- Region to benefit from more than £24.5m emergency active travel grant for new cycling and walking lanes
- £2.6m funding to ramp up critical Sheffield Supertram services
- Preferred route also announced for £1bn upgrade to major road link which runs across Northern Powerhouse, from Teesideto Cumbria
Communities in Yorkshire and the Humber will benefit from more than £27 million in funding to increase light rail services, regenerate local economies and make roads safer for pedestrians and cyclists, Transport Secretary Grant Shapps has announced.
Yorkshire and the Humber has been allocated a share of £225 million announced earlier this month, to create new and permanent cycle lanes and reallocate road space to give more room to pedestrians and cyclists. The remaining £25 million of emergency funding will be used to help people get their bikes repaired so they can get back to cycling.
On Friday, the Transport Secretary amended laws to reduce red tape and halve the time it takes for councils to get these schemes up and running, helping local authorities accommodate for the step-change in behaviour as more people turn to cycling and walking.
This comes as additional funding is made available for bus and light rail services across England – including £2.6 million for the Sheffield Supertram to help increase the number of services as quickly as possible. The funding will give operators the resources to ramp up light rail services, allowing people travelling to hospitals, supermarkets or their place of work to get to their destination while helping ensure there is enough space for them to observe social distancing guidelines.

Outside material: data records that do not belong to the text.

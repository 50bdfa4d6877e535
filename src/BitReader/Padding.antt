-- ===== src/BitReader/Padding.antt =====
-- Bytes in the stream after clear bits up to a byte's end: jumpToByteBoundary, then copyBytes, of
-- bitreader.go.
use go_brrr.Prelude.{
  ℕ, ◌+◌, ◌-◌, ◌*◌, ◌%◌, ◌^◌, ◌<◌, ◌≡◌, refl, List, [], ◌∷◌, ◌++◌, length, drop, take, arith, true,
  sym, ap, ap₂, ◌∙◌, some, ◌==◌, All, length-append, length-drop,
}
use go_brrr.Prelude.BitStream.{
  to_bits, from_bits, stream, length-to_bits, from_bits-to_bits, length-stream, take_exact,
  drop_exact,
}
use native.Mathlib.Nat.{one-le-pow}
use go_brrr.BitReader.{BitReader, jump_to_byte_boundary, copy_bytes}
use go_brrr.BitReader.Unread.{unread, IsReader}
use go_brrr.BitReader.Copy.{jump_to_byte_boundary-unread, copy_bytes-unread}

same_front :
    (n : ℕ) (xs ys later bs : List ℕ)
    → length xs ≡ n
    → length ys ≡ n
    → xs ++ later ≡ ys ++ bs
    → (xs ≡ ys) × (later ≡ bs)
same_front n xs ys later bs p q e = (
  sym (take_exact n xs later p) ∙ ap (take n) e ∙ take_exact n ys bs q,
  sym (drop_exact n xs later p) ∙ ap (drop n) e ∙ drop_exact n ys bs q,
)

same_field : (n x y : ℕ) → x < 2 ^ n → y < 2 ^ n → to_bits n x ≡ to_bits n y → x ≡ y
same_field n x y p q e = sym (from_bits-to_bits n x p) ∙ ap from_bits e ∙ from_bits-to_bits n y q

same_bytes :
    (xs ys : List ℕ)
    → All (λ b. b < 256) xs
    → All (λ b. b < 256) ys
    → length xs ≡ length ys
    → stream xs ≡ stream ys
    → xs ≡ ys
unfolding stream
same_bytes [] [] a b l e = refl
same_bytes [] (y ∷ ys) a b l e = absurd (omega (arith, l))
same_bytes (x ∷ xs) [] a b l e = absurd (omega (arith, l))
same_bytes (x ∷ xs) (y ∷ ys) a b l e =
    let (first, others) =
      same_front 8 (to_bits 8 x) (to_bits 8 y) (stream xs) (stream ys) (length-to_bits 8 x)
        (length-to_bits 8 y) e in
    ap₂ (λ (h : ℕ) (t : List ℕ). h ∷ t) (same_field 8 x y a.0 b.0 first)
      (same_bytes xs ys a.1 b.1 (omega (arith, l)) others)

unread-length : (br : BitReader) → length (unread br) ≡ br.bit_pos + 8 * (length br.input - br.pos)
unfolding unread
unread-length br = omega (
  arith,
  length-append (to_bits br.bit_pos br.val) (stream (drop br.pos br.input)),
  length-to_bits br.bit_pos br.val,
  length-stream (drop br.pos br.input),
  length-drop br.pos br.input,
)

-- When a reader's stream goes on with fewer than 8 clear bits, then some bytes, then whole bytes,
-- the jump to the byte boundary finds no set bit, the copy gives the bytes, and the stream goes on
-- after them.
pub copy_bytes-padding :
    (br : BitReader) (pad : ℕ) (bytes rest : List ℕ)
    → IsReader br
    → pad < 8
    → All (λ b. b < 256) bytes
    → length rest % 8 ≡ 0
    → unread br ≡ to_bits pad 0 ++ (stream bytes ++ rest)
    → (br1 : BitReader) × (br2 : BitReader) × (jump_to_byte_boundary br ≡ (true, br1))
      × (copy_bytes (length bytes) br1 ≡ some (bytes, br2))
      × (unread br2 ≡ rest)
      × IsReader br2
copy_bytes-padding br pad bytes rest v p a whole e =
    let (x, br1, jump, lt, split, v1, aligned) = jump_to_byte_boundary-unread br v in
    let size =
      ap length e
      ∙ length-append (to_bits pad 0) (stream bytes ++ rest)
      ∙ ap₂ (λ (i j : ℕ). i + j) (length-to_bits pad 0)
          (length-append (stream bytes) rest
            ∙ ap (λ (i : ℕ). i + length rest) (length-stream bytes)) in
    let width : br.bit_pos % 8 ≡ pad = omega (arith, size, unread-length br, whole) in
    let (clear, after) =
      same_front pad (to_bits pad 0) (to_bits (br.bit_pos % 8) x) (stream bytes ++ rest)
        (unread br1) (length-to_bits pad 0) (length-to_bits (br.bit_pos % 8) x ∙ width)
        (sym e ∙ split) in
    let none : x ≡ 0 = sym (
      same_field pad 0 x (one-le-pow pad 2 (omega arith))
        (omega (arith, lt, ap (λ (k : ℕ). 2 ^ k) width))
        (clear ∙ ap (λ (k : ℕ). to_bits k x) width)) in
    let (copied, br2, run, count, each, left, v2) =
      copy_bytes-unread (length bytes) br1 v1 aligned
        (omega (arith, ap length after, length-append (stream bytes) rest, length-stream bytes)) in
    let (same, rest') =
      same_front (8 * length bytes) (stream bytes) (stream copied) rest (unread br2)
        (length-stream bytes) (length-stream copied ∙ ap (λ (k : ℕ). 8 * k) count) (after ∙ left) in
    let equal = same_bytes bytes copied a each (sym count) same in
    (
      br1,
      br2,
      jump ∙ ap (λ (k : ℕ). (k == 0, br1)) none,
      run ∙ ap (λ (l : List ℕ). some (l, br2)) (sym equal),
      sym rest',
      v2,
    )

Transport Secretary Grant Shapps said:“From NHS staff to transport and shop workers, teachers, volunteers and all those staying at home, people across the country are all sharing the same public-spirited approach to tackling the spread of this virus and keeping others safe.
“To make sure people can travel safely when they need to, we are increasing capacity on buses and light rail, as well as helping local authorities fast-track plans to support cyclists and pedestrians, further reducing pressure on our transport network.
“These measures will help keep passengers safe now, but we must also prepare for what comes next. Strengthening vital road and railway connections, as well as encouraging cycling and walking, will be essential to our ambition to level up the country, secure a green legacy, and kickstart regional economies, as we build out of Covid-19 and look to the future.”
Cycling Minister Chris Heaton-Harris said: “We’re living in a time where many people are cycling and walking more than they did before, and we must build on this opportunity to bring about longer-term change – where active travel is viewed as the default for shorter journeys, long after this crisis has finished.
“This funding for Yorkshire and the Humber will help councils provide more space for walking and cycling and make it easier for people to get out and about and reduce the pressure on public transport.”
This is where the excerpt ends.